Doctor Strange is clever and unique in a lot of ways, but the actual plot feels like a placeholder template that came free with the screenwriting software. The villains are paving the way for an invasion from an otherworldly evil that manifests itself as a glowing pillar of light. The hero is essentially Tony Stark if he'd gone with a different major in college. This article, however, is about the main human villain, the evil sorcerer Kaecilius, played by Mads Mikkelsen in eye makeup that makes him look like he's due for a huge settlement from a sunglasses manufacturer.
Conjure up some Visine, dude.
Kaecilius is as dumb as a suitcase full of farts. He has less strategic foresight than a plankton. His is an incredibly simple task, to the point where failing to do it actually requires him to take several much more difficult steps than he needs to -- which he does, for no goddamned reason. It's the supervillain equivalent of trying to burn down a house and accidentally renovating it instead.
It's for good reason that Kaecilius is the subject of Part 4 of our weeklong series on misguided villains, which we're calling "Wait, What Was Their Plan Again?"
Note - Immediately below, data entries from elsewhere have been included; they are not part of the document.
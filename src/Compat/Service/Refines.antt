-- ===== src/Compat/Service/Refines.antt =====
-- crust/src/compat/service.rs: a run of the event loop is a run of the connection map.
use crust_futures.Base.{
  ℕ, ◌≡◌, refl, sym, subst, List, [], ◌∷◌, ◌++◌, Option, none, some, true, false, Result, ok, err,
  Bool-cases, inl, inr,
}
use crust_futures.Addr.{IpAddr, SocketAddr, CrustUser, Uid}
use crust_futures.Net.{IoError}
use crust_futures.Compat.Event.{
  Event, bootstrap_accept, bootstrap_connect, bootstrap_failed, connect_success, connect_failure,
}
use crust_futures.Compat.Map
use crust_futures.Compat.Map.{State}
use crust_futures.Compat.Map.Connected.{IsConnected}
use crust_futures.Compat.Map.Steps
use crust_futures.Compat.Map.Steps.{Reach, Reach-IsConnected, new-IsConnected}
use crust_futures.Compat.Service
use crust_futures.Compat.Service.{ServiceState}
use crust_futures.Compat.Service.Runs
use crust_futures.Compat.Service.Runs.{Command, Step, Run}

module _ {U B : Type 0} (uids : Uid U) where
  stays : {s t : State U B} → t ≡ s → Reach uids s t
  stays {s} e = subst (Reach uids s) (sym e) Steps.here

  Reach-trans : {s t u : State U B} → Reach uids s t → Reach uids t u → Reach uids s u
  Reach-trans r Steps.here = r
  Reach-trans r (Steps.next q st) = Steps.next (Reach-trans r q) st

  pub accept_on-cm : (o : Option ℕ) (s : ServiceState U B) → (Service.accept_on o s).cm ≡ s.cm
  unfolding Service.accept_on
  accept_on-cm none s = refl
  accept_on-cm (some n) s = refl

  pub listen_on-cm : (o : Option ℕ) (s : ServiceState U B) → (Service.listen_on o s).cm ≡ s.cm
  unfolding Service.listen_on
  listen_on-cm none s = refl
  listen_on-cm (some n) s = refl

  call-Reach :
      (c : Command U B) (s : ServiceState U B) → Reach uids s.cm (Runs.call_box uids c s).cm
  unfolding Runs.call_box Service.start_service_discovery Service.set_service_discovery_listen
      Service.set_accept_bootstrap Service.start_bootstrap Service.stop_bootstrap
      Service.start_listening_tcp Service.stop_tcp_listener Service.prepare_connection_info
      Service.connect Service.disconnect Service.send
  call-Reach Command.start_service_discovery s = Steps.here
  call-Reach (Command.set_service_discovery_listen false started) s = Steps.here
  call-Reach (Command.set_service_discovery_listen true (ok port)) s = Steps.here
  call-Reach (Command.set_service_discovery_listen true (err e)) s = Steps.here
  call-Reach (Command.set_accept_bootstrap true) s = stays (accept_on-cm s.bootstrap_acceptor s)
  call-Reach (Command.set_accept_bootstrap false) s = Steps.here
  call-Reach (Command.start_bootstrap blacklist user) s = Steps.here
  call-Reach Command.stop_bootstrap s = Steps.here
  call-Reach Command.start_listening_tcp s = stays (listen_on-cm s.tcp_listener s)
  call-Reach Command.stop_tcp_listener s = Steps.here
  call-Reach (Command.prepare_connection_info token) s = Steps.here
  call-Reach (Command.connect uid) s = Steps.here
  call-Reach (Command.disconnect uid) s = Steps.next Steps.here (Steps.removes uid)
  call-Reach (Command.send accepts uid msg priority) s =
      Steps.next Steps.here (Steps.sends accepts uid msg priority)

  -- A peer is inserted, and an event sent behind it.
  insert_and_tell :
      (uid : U) (kind : CrustUser) (addr : SocketAddr) (e : Event U B) (s : State U B)
      → Reach uids s (record (Map.insert_peer uids uid kind addr s).0 {
        events = (Map.insert_peer uids uid kind addr s).0.events ++ e ∷ [];
      })
  insert_and_tell uid kind addr e s =
      Steps.next (Steps.next Steps.here (Steps.inserts uid kind addr)) (Steps.tells e)

  listener-Reach :
      (n : ℕ) (res : Result IoError ℕ) (s : ServiceState U B)
      → Reach uids s.cm (Service.listener_started_step n res s).cm
  unfolding Service.listener_started_step
  listener-Reach n (ok port) s = Steps.next Steps.here (Steps.tells _)
  listener-Reach n (err e) s = Steps.here

  filter-Reach :
      (client_ips node_ips : Option (List IpAddr)) (cm : State U B)
      → Reach uids cm (Service.filter_peers uids client_ips node_ips cm)
  unfolding Service.filter_peers
  filter-Reach none none cm = Steps.here
  filter-Reach none (some ips) cm = Steps.next Steps.here (Steps.filters [] ips)
  filter-Reach (some ips) none cm = Steps.next Steps.here (Steps.filters ips [])
  filter-Reach (some cs) (some ns) cm = Steps.next Steps.here (Steps.filters cs ns)

module _ {U B E : Type 0} (uids : Uid U) where
  accepted-Reach :
      (uid : U) (kind : CrustUser) (addr : Result E SocketAddr) (s : ServiceState U B)
      → Reach uids s.cm (Service.accepted_step uids uid kind addr s).cm
  unfolding Service.accepted_step Service.insert Service.send_event
  accepted-Reach uid kind (err e) s = Steps.here
  accepted-Reach uid kind (ok addr) s =
      elim (Bool-cases (Map.insert_peer uids uid kind addr s.cm).1) [
        | inl e ↦ rw e (insert_and_tell uids uid kind addr (bootstrap_accept uid kind) s.cm)
        | inr e ↦ rw e (Steps.next Steps.here (Steps.inserts uid kind addr))
      ]

  bootstrapped-Reach :
      (n : ℕ) (res : Result E (U × CrustUser × Result E SocketAddr)) (s : ServiceState U B)
      → Reach uids s.cm (Service.bootstrapped_step uids n res s).cm
  unfolding Service.bootstrapped_step Service.insert Service.send_event
  bootstrapped-Reach n (err e) s = Steps.next Steps.here (Steps.tells bootstrap_failed)
  bootstrapped-Reach n (ok (uid, kind, err e)) s =
      Steps.next Steps.here (Steps.tells bootstrap_failed)
  bootstrapped-Reach n (ok (uid, kind, ok addr)) s =
      insert_and_tell uids uid kind addr (bootstrap_connect uid addr) s.cm

  connected-Reach :
      (n : ℕ) (uid : U) (res : Result E (CrustUser × Result E SocketAddr)) (s : ServiceState U B)
      → Reach uids s.cm (Service.connected_step uids n uid res s).cm
  unfolding Service.connected_step Service.insert Service.send_event
  connected-Reach n uid (err e) s = Steps.next Steps.here (Steps.tells (connect_failure uid))
  connected-Reach n uid (ok (kind, err e)) s =
      Steps.next Steps.here (Steps.tells (connect_failure uid))
  connected-Reach n uid (ok (kind, ok addr)) s =
      insert_and_tell uids uid kind addr (connect_success uid) s.cm

  pub Step-Reach : {s t : ServiceState U B} → Step E uids s t → Reach uids s.cm t.cm
  unfolding Service.config_updated Service.prepared_step Service.drop
  Step-Reach {s} (Step.calls c) = call-Reach uids c s
  Step-Reach {s} (Step.updates c) =
      filter-Reach uids c.whitelisted_client_ips c.whitelisted_node_ips s.cm
  Step-Reach {s} (Step.accepts t uid kind addr m j) = accepted-Reach uid kind addr s
  Step-Reach {s} (Step.bootstraps t blacklist discover user res m j) = bootstrapped-Reach t.id res s
  Step-Reach {s} (Step.listens t res m j) = listener-Reach uids t.id res s
  Step-Reach (Step.prepares t token res m j) = Steps.next Steps.here (Steps.tells _)
  Step-Reach {s} (Step.connects t uid res m j) = connected-Reach t.id uid res s
  Step-Reach (Step.ends t m n) = Steps.here
  Step-Reach (Step.receives t msg m) = Steps.next Steps.here (Steps.receives t msg m)
  Step-Reach (Step.finishes t m) = Steps.next Steps.here (Steps.finishes t m)
  Step-Reach Step.drops = Steps.next Steps.here Steps.clears

  -- Whatever commands the event loop receives and however its tasks go on, what happens to the
  -- connection map is a run of the connection map by its own operations.
  Run-Reach : {s t : ServiceState U B} → Run E uids s t → Reach uids s.cm t.cm
  Run-Reach Run.here = Steps.here
  Run-Reach (Run.next r st) = Reach-trans uids (Run-Reach r) (Step-Reach st)

  -- So the map and the reading tasks of a service agree from its start on.
  pub Run-IsConnected :
      {s : ServiceState U B} → Run E uids (Service.new uids) s → IsConnected uids s.cm
  unfolding Service.new
  Run-IsConnected r = Reach-IsConnected uids (Run-Reach r) (new-IsConnected uids)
Things Go Off The Rails In Literally The First Scene
Doctor Strange opens in a temple in Nepal and what appears to be a library full of ancient, magical books, being tended to by a single librarian. Kaecilius and a dozen or so of his closest friends stride in like they own the place (it's not explained how they got in, but we will soon see them using magical portals to travel, so apparently it was that). Using a combination of magic ropes and hatchets, they chop the head off of the librarian and drop it into a bucket which it seems they brought for that exact purpose. Kaecilius then grabs a specific book from the rack, flips to a specific spot, rips out a few pages, and drops the book on the floor.
A murderer and a litterer.
And there it is. Mere minutes in, Kaecilius has already fucked up his mission in two ridiculous ways that will dictate the rest of the plot. At this point the Ancient One, played by an alarmingly bald Tilda Swinton, shows up to instigate a fabulous M.C. Escher chase scene so elaborate and creative that it likely distracted you from the fact that the film's villain probably shits crayons.
Wait, What Was Their Plan Again?
The stolen pages, we find out later, contained a ritual to awaken an ancient evil named Dormammu. The rest of the movie revolves around hunting Kaecilius down and thwarting his plan to use Dormammu's power to create an immortal (albeit hellish) existence for all of humanity. Seems straightforward, as villain schemes go.
Doctor Strange, meanwhile, begins his Hero's Journey at the temple, and in an oddly clumsy scene, he happens to be strolling around the Masters Only section of the library, where he grabs a totally random book off the rack. He then casually flips it open to see that pages are missing. That's right: Of all of the hundreds of books in the library, he happens to grab the exact one that's key to the entire plot. They couldn't have had it off in its own special case or something, so there'd be a reason for it to draw his attention? Whatever, it doesn't matter.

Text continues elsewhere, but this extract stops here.